Begin at the line below that has "feed in refl" and stop after the line that has "push-ne-stuck p chunk". Please restate only those lines, word for word.

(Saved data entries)
┄┄┄┄┄┄┄┄┄┄┄┄┄┄┄┄┄┄┄┄

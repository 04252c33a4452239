-- ===== src/CapsulePump/Loop.antt =====
-- One round of the pump's loop, and the fuel that is enough for it.
use skimasque.Prelude.{ℕ, zero, suc, ◌+◌, ◌≤◌, ◌<◌, length, Bool}
use skimasque.Prelude.{Option, none, some, Result, ok, err, ◌≡◌, ◌≢◌, ◌∙◌, refl, sym, arith}
use skimasque.Prelude.Bytes.{BytesCrate}
use skimasque.Capsule
use skimasque.Capsule.{Capsule, CapsuleDecoder}
use skimasque.Capsule.Stream.{next_capsule_pops}
use skimasque.CapsulePump.{
  CapsulePump, ControlFlow, continue, break, stuck, proceed, route, pump_loop,
}

-- What the decoder's call gave, as one of three.
pub data Call : Result Capsule.Error (Option Capsule) × CapsuleDecoder → Type 0 where
  popped : (c : Capsule) (d : CapsuleDecoder) → Call (ok (some c), d)
  waiting : (d : CapsuleDecoder) → Call (ok none, d)
  failed : (x : Capsule.Error) (d : CapsuleDecoder) → Call (err x, d)

pub Call-cases : (r : Result Capsule.Error (Option Capsule) × CapsuleDecoder) → Call r
Call-cases (ok (some c), d) = popped c d
Call-cases (ok none, d) = waiting d
Call-cases (err x, d) = failed x d

pub proceed_continue :
    (again : CapsulePump → ControlFlow × CapsulePump) (p : CapsulePump)
    → proceed again (continue, p) ≡ again p
unfolding proceed
proceed_continue again p = refl

module _ ⦃b : BytesCrate⦄ (datagrams_open control_open : ℕ → Bool) where
  unfoldable pub loop : ℕ → CapsulePump → ControlFlow × CapsulePump
  loop = pump_loop datagrams_open control_open

  unfoldable pub route_to : Capsule → CapsulePump → ControlFlow × CapsulePump
  route_to = route datagrams_open control_open

  -- Routing reads and writes the queues alone.
  pub route-decoder :
      (c : Capsule) (p : CapsulePump) (d : CapsuleDecoder)
      → route_to c (record p { decoder = d })
        ≡ ((route_to c p).0, record (route_to c p).1 { decoder = d })
  unfolding route route_to
  route-decoder c p d = ground arith

  pub route_keeps : (c : Capsule) (p : CapsulePump) → (route_to c p).1.decoder ≡ p.decoder
  unfolding route route_to
  route_keeps c p = ground arith

  pub route-ne-stuck : (c : Capsule) (p : CapsulePump) → (route_to c p).0 ≢ stuck
  unfolding route route_to
  route-ne-stuck c p = ground arith

  -- One round of the loop, by what the decoder returned.
  pub loop_popped :
      (fuel : ℕ) (p : CapsulePump) (c : Capsule) (d : CapsuleDecoder)
      → Capsule.next_capsule p.decoder ≡ (ok (some c), d)
      → loop (suc fuel) p ≡ proceed (loop fuel) (route_to c (record p { decoder = d }))
  unfolding loop route_to pump_loop
  loop_popped fuel p c d e = rw e

  pub loop_waiting :
      (fuel : ℕ) (p : CapsulePump) (d : CapsuleDecoder)
      → Capsule.next_capsule p.decoder ≡ (ok none, d)
      → loop (suc fuel) p ≡ (continue, record p { decoder = d })
  unfolding loop pump_loop
  loop_waiting fuel p d e = rw e

  pub loop_failed :
      (fuel : ℕ) (p : CapsulePump) (x : Capsule.Error) (d : CapsuleDecoder)
      → Capsule.next_capsule p.decoder ≡ (err x, d)
      → loop (suc fuel) p ≡ (break, record p { decoder = d })
  unfolding loop pump_loop
  loop_failed fuel p x d e = rw e

  pub proceed_same :
      (f g : CapsulePump → ControlFlow × CapsulePump) (o : ControlFlow × CapsulePump)
      → f o.1 ≡ g o.1
      → proceed f o ≡ proceed g o
  unfolding proceed
  proceed_same f g (continue, p) h = h
  proceed_same f g (break, p) h = refl
  proceed_same f g (stuck, p) h = refl

  -- The buffer after a pop and the routing of what was popped.
  pub left_over :
      (c : Capsule) (p : CapsulePump) (d : CapsuleDecoder)
      → Capsule.next_capsule p.decoder ≡ (ok (some c), d)
      → length (route_to c (record p { decoder = d })).1.decoder.buf + 2 ≤ length p.decoder.buf
  left_over c p d e =
      let (shorter, _, _) = next_capsule_pops p.decoder d c e in
      rw (route_keeps c (record p { decoder = d })) shorter

  -- Fuel above the length of the buffer is as good as any other.
  pub loop_enough :
      (f g : ℕ) (p : CapsulePump)
      → length p.decoder.buf < f
      → length p.decoder.buf < g
      → loop f p ≡ loop g p
  loop_enough zero g p hf hg = absurd (omega arith)
  loop_enough (suc f) zero p hf hg = absurd (omega arith)
  loop_enough (suc f) (suc g) p hf hg =
      by_call _ refl (Call-cases (Capsule.next_capsule p.decoder)) (loop_enough f g)
    where
      by_call :
          (r : Result Capsule.Error (Option Capsule) × CapsuleDecoder)
          → Capsule.next_capsule p.decoder ≡ r
          → Call r
          → ((q : CapsulePump)
              → length q.decoder.buf < f
              → length q.decoder.buf < g
              → loop f q ≡ loop g q)
          → loop (suc f) p ≡ loop (suc g) p
      by_call _ e (waiting d) ih = loop_waiting f p d e ∙ sym (loop_waiting g p d e)
      by_call _ e (failed x d) ih = loop_failed f p x d e ∙ sym (loop_failed g p x d e)
      by_call _ e (popped c d) ih =
          let o = route_to c (record p { decoder = d }) in
          loop_popped f p c d e
          ∙ proceed_same (loop f) (loop g) o
              (ih o.1 (omega (arith, left_over c p d e)) (omega (arith, left_over c p d e)))
          ∙ sym (loop_popped g p c d e)

  -- With that fuel the loop ends.
  pub loop-ne-stuck : (f : ℕ) (p : CapsulePump) → length p.decoder.buf < f → (loop f p).0 ≢ stuck
  loop-ne-stuck zero p hf = absurd (omega arith)
  loop-ne-stuck (suc f) p hf =
      by_call _ refl (Call-cases (Capsule.next_capsule p.decoder)) (loop-ne-stuck f)
    where
      onward :
          (o : ControlFlow × CapsulePump)
          → o.0 ≢ stuck
          → (loop f o.1).0 ≢ stuck
          → (proceed (loop f) o).0 ≢ stuck
      onward (continue, q) h k = unfold proceed in k
      onward (break, q) h k = unfold proceed in h
      onward (stuck, q) h k = unfold proceed in h

      by_call :
          (r : Result Capsule.Error (Option Capsule) × CapsuleDecoder)
          → Capsule.next_capsule p.decoder ≡ r
          → Call r
          → ((q : CapsulePump) → length q.decoder.buf < f → (loop f q).0 ≢ stuck)
          → (loop (suc f) p).0 ≢ stuck
      by_call _ e (waiting d) ih = rw (loop_waiting f p d e) (λ h. cc)
      by_call _ e (failed x d) ih = rw (loop_failed f p x d e) (λ h. cc)
      by_call _ e (popped c d) ih =
          let o = route_to c (record p { decoder = d }) in
          rw (loop_popped f p c d e) (
            onward o (route-ne-stuck c (record p { decoder = d }))
              (ih o.1 (omega (arith, left_over c p d e))))
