-- ===== src/CapsulePump/Chunks.antt =====
-- Where the stream is cut into chunks does not matter to the pump.
use skimasque.Prelude.{ℕ, zero, suc, ◌+◌, ◌-◌, ◌<◌, List, ◌++◌, length, Bool}
use skimasque.Prelude.{
  Option, none, some, Result, ok, err, ◌≡◌, ◌≢◌, ◌∙◌, refl, sym, ap, arith, length-append,
  append_assoc,
}
use mathlib.Core.Path.{subst}
use skimasque.Prelude.Bytes.{BytesCrate}
use skimasque.Capsule
use skimasque.Capsule.{Capsule, CapsuleDecoder}
use skimasque.Capsule.Stream.{next_capsule-push, next_capsule-push_err, next_capsule_stays, push-eq}
use skimasque.CapsulePump.{
  CapsulePump, ControlFlow, continue, break, stuck, proceed, pump_loop, push,
}
use skimasque.CapsulePump.Loop.{
  Call, popped, waiting, failed, Call-cases, loop, route_to, route-decoder, loop_popped,
  loop_waiting, loop_failed, left_over, loop_enough, loop-ne-stuck,
}

module _ ⦃b : BytesCrate⦄ where
  -- The pump with `more` put into its buffer.
  unfoldable pub feed : CapsulePump → List ℕ → CapsulePump
  feed p more = record p { decoder = Capsule.push p.decoder more }

module _ ⦃b : BytesCrate⦄ (datagrams_open control_open : ℕ → Bool) where
  abbrev run : ℕ → CapsulePump → ControlFlow × CapsulePump
  run = loop datagrams_open control_open

  -- What a run on `p` says of the run with more input.
  abbrev Continues : CapsulePump → List ℕ → ControlFlow × CapsulePump → Type 0
  Continues p more (continue, q) =
      (g g' : ℕ)
      → length p.decoder.buf + length more < g
      → length q.decoder.buf + length more < g'
      → run g (feed p more) ≡ run g' (feed q more)
  Continues p more (break, q) =
      (g : ℕ) → length p.decoder.buf + length more < g → run g (feed p more) ≡ (break, feed q more)
  Continues p more (stuck, q) = Unit

  length-feed :
      (p : CapsulePump) (more : List ℕ)
      → length (feed p more).decoder.buf ≡ length p.decoder.buf + length more
  unfolding feed
  length-feed p more = rw push-eq (length-append p.decoder.buf more)

  -- Routing does not see what was fed.
  route-feed :
      (c : Capsule) (p q : CapsulePump) (d : CapsuleDecoder) (more : List ℕ) {flow : ControlFlow}
      → route_to datagrams_open control_open c (record p { decoder = d }) ≡ (flow, q)
      → route_to datagrams_open control_open c (record p { decoder = Capsule.push d more })
        ≡ (flow, feed q more)
  unfolding feed
  route-feed c p q d more e =
      route-decoder datagrams_open control_open c p (Capsule.push d more)
      ∙ ap
          (λ (o : ControlFlow × CapsulePump).
            (let r : ControlFlow × CapsulePump = (o.0, feed o.1 more) in r))
          (sym (route-decoder datagrams_open control_open c p d) ∙ e)

  -- A pop on `p` is a pop on the fed pump.
  popped_fed :
      (fuel : ℕ) (p q : CapsulePump) (c : Capsule) (d : CapsuleDecoder) (more : List ℕ)
      {flow : ControlFlow}
      → Capsule.next_capsule p.decoder ≡ (ok (some c), d)
      → route_to datagrams_open control_open c (record p { decoder = d }) ≡ (flow, q)
      → run (suc fuel) (feed p more) ≡ proceed (run fuel) (flow, feed q more)
  unfolding feed
  popped_fed fuel p q c d more e r =
      loop_popped datagrams_open control_open fuel (feed p more) c (Capsule.push d more)
        (next_capsule-push p.decoder d c more e)
      ∙ ap (proceed (run fuel)) (route-feed c p q d more r)

  -- From the pump after a round to the pump before it.
  before_round :
      (p q : CapsulePump) (more : List ℕ) (o : ControlFlow × CapsulePump)
      → ((g : ℕ) → run (suc g) (feed p more) ≡ run g (feed q more))
      → length q.decoder.buf < length p.decoder.buf
      → Continues q more o
      → Continues p more o
  before_round p q more (continue, s) step shorter h = λ g g' hg hg'.
      let one_more : g ≡ suc (g - 1) = omega arith in
      rw one_more (step (g - 1) ∙ h (g - 1) g' (omega arith) hg')
  before_round p q more (break, s) step shorter h = λ g hg.
      let one_more : g ≡ suc (g - 1) = omega arith in
      rw one_more (step (g - 1) ∙ h (g - 1) (omega arith))
  before_round p q more (stuck, s) step shorter h = tt

  module _ (p : CapsulePump) (more : List ℕ) (f : ℕ) where
    after_wait :
        (d : CapsuleDecoder)
        → Capsule.next_capsule p.decoder ≡ (ok none, d)
        → Continues p more (continue, record p { decoder = d })
    after_wait d e = λ g g' hg hg'.
        let same : d ≡ p.decoder = next_capsule_stays p.decoder d e in
        rw same (
          loop_enough datagrams_open control_open g g' (feed p more)
            (omega (arith, length-feed p more))
            (omega (arith, length-feed p more, ap (λ (t : CapsuleDecoder). length t.buf) same)))

    after_error :
        (x : Capsule.Error) (d : CapsuleDecoder)
        → Capsule.next_capsule p.decoder ≡ (err x, d)
        → Continues p more (break, record p { decoder = d })
    unfolding feed
    after_error x d e = λ g hg.
        let one_more : g ≡ suc (g - 1) = omega arith in
        rw one_more (
          loop_failed datagrams_open control_open (g - 1) (feed p more) x (Capsule.push d more)
            (next_capsule-push_err p.decoder d x more e))

    after_pop :
        (c : Capsule) (d : CapsuleDecoder) (o : ControlFlow × CapsulePump)
        → Capsule.next_capsule p.decoder ≡ (ok (some c), d)
        → route_to datagrams_open control_open c (record p { decoder = d }) ≡ o
        → Continues o.1 more (run f o.1)
        → Continues p more (proceed (run f) o)
    after_pop c d (continue, q) e r h =
        let shorter = left_over datagrams_open control_open c p d e in
        let buffer = ap (λ (o : ControlFlow × CapsulePump). length o.1.decoder.buf) r in
        unfold proceed in
        before_round p q more (run f q) (λ g. popped_fed g p q c d more e r) (omega arith) h
    after_pop c d (break, q) e r h =
        unfold proceed in
        λ g hg.
          let one_more : g ≡ suc (g - 1) = omega arith in
          rw one_more (popped_fed (g - 1) p q c d more e r)
    after_pop c d (stuck, q) e r h = unfold proceed in tt

  continues : (f : ℕ) (p : CapsulePump) (more : List ℕ) → Continues p more (run f p)
  continues zero p more = unfold loop pump_loop in tt
  continues (suc f) p more =
      by_call _ refl (Call-cases (Capsule.next_capsule p.decoder)) (λ q. continues f q more)
    where
      by_call :
          (r : Result Capsule.Error (Option Capsule) × CapsuleDecoder)
          → Capsule.next_capsule p.decoder ≡ r
          → Call r
          → ((q : CapsulePump) → Continues q more (run f q))
          → Continues p more (run (suc f) p)
      by_call _ e (waiting d) ih =
          subst (Continues p more) (sym (loop_waiting datagrams_open control_open f p d e))
            (after_wait p more f d e)
      by_call _ e (failed x d) ih =
          subst (Continues p more) (sym (loop_failed datagrams_open control_open f p x d e))
            (after_error p more f x d e)
      by_call _ e (popped c d) ih =
          let o = route_to datagrams_open control_open c (record p { decoder = d }) in
          subst (Continues p more) (sym (loop_popped datagrams_open control_open f p c d e))
            (after_pop p more f c d o e refl (ih o.1))

  pub push_run :
      (p : CapsulePump) (chunk : List ℕ) (n : ℕ)
      → length p.decoder.buf + length chunk < n
      → push datagrams_open control_open p chunk ≡ loop datagrams_open control_open n (feed p chunk)
  unfolding push feed loop
  push_run p chunk n h =
      loop_enough datagrams_open control_open _ n (feed p chunk) (omega arith)
        (omega (arith, length-feed p chunk))

  feed-append : (p : CapsulePump) (xs ys : List ℕ) → feed p (xs ++ ys) ≡ feed (feed p xs) ys
  unfolding feed
  feed-append p xs ys =
      rw (push-eq p.decoder (xs ++ ys), push-eq p.decoder xs, push-eq)
        (ap
          (λ (t : List ℕ).
            (let q : CapsulePump = record p { decoder = record p.decoder { buf = t } } in q))
          (sym (append_assoc p.decoder.buf xs ys)))

  -- The two halves of one push.
  module _ (p : CapsulePump) (xs ys : List ℕ) where
    size : ℕ
    size = length p.decoder.buf + length xs

    halves : Continues (feed p xs) ys (push datagrams_open control_open p xs)
    unfolding size
    halves =
        subst (Continues (feed p xs) ys) (sym (push_run p xs (suc size) (omega arith)))
          (continues (suc size) (feed p xs) ys)

  -- When the pump goes on after a chunk, pushing that chunk and then another has the result of
  -- pushing both as one chunk, whatever the queues do.
  pub push-append_continue :
      (p q : CapsulePump) (xs ys : List ℕ)
      → push datagrams_open control_open p xs ≡ (continue, q)
      → push datagrams_open control_open q ys ≡ push datagrams_open control_open p (xs ++ ys)
  push-append_continue p q xs ys e =
      let both : ℕ = suc (length p.decoder.buf + length (xs ++ ys)) in
      let second : ℕ = suc (length q.decoder.buf + length ys) in
      let h = subst (Continues (feed p xs) ys) e (halves p xs ys) in
      push_run q ys second (omega arith)
      ∙ sym (h both second (omega (arith, length-append xs ys, length-feed p xs)) (omega arith))
      ∙ ap (run both) (sym (feed-append p xs ys))
      ∙ sym (push_run p (xs ++ ys) both (omega arith))

  -- When the pump breaks on a chunk, it breaks as well on that chunk with more bytes behind it,
  -- having sent the same on both queues; the additional bytes are left in the decoder's buffer.
  pub push-append_break :
      (p q : CapsulePump) (xs ys : List ℕ)
      → push datagrams_open control_open p xs ≡ (break, q)
      → push datagrams_open control_open p (xs ++ ys)
        ≡ (break, record q { decoder = Capsule.push q.decoder ys })
  push-append_break p q xs ys e =
      let both : ℕ = suc (length p.decoder.buf + length (xs ++ ys)) in
      let h = subst (Continues (feed p xs) ys) e (halves p xs ys) in
      push_run p (xs ++ ys) both (omega arith)
      ∙ ap (run both) (feed-append p xs ys)
      ∙ h both (omega (arith, length-append xs ys, length-feed p xs))
      ∙ unfold feed in refl

  -- For every pump, every chunk and all behaviours of the queues, the fuel of `push`'s loop, one
  -- more than the length of the buffer, is enough: the loop returns what the source returns.
  pub push-ne-stuck :
      (p : CapsulePump) (chunk : List ℕ) → (push datagrams_open control_open p chunk).0 ≢ stuck
  push-ne-stuck p chunk =
      let n : ℕ = suc (length p.decoder.buf + length chunk) in
      rw (push_run p chunk n (omega arith)) (
        loop-ne-stuck datagrams_open control_open n (feed p chunk)
          (omega (arith, length-feed p chunk)))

┄┄┄┄┄┄┄┄┄┄┄┄┄┄┄┄┄┄┄┄

### Task response
      ∙ unfold feed in refl

  -- For every pump, every chunk and all behaviours of the queues, the fuel of `push`'s loop, one
  -- more than the length of the buffer, is enough: the loop returns what the source returns.
  pub push-ne-stuck :
      (p : CapsulePump) (chunk : List ℕ) → (push datagrams_open control_open p chunk).0 ≢ stuck
  push-ne-stuck p chunk =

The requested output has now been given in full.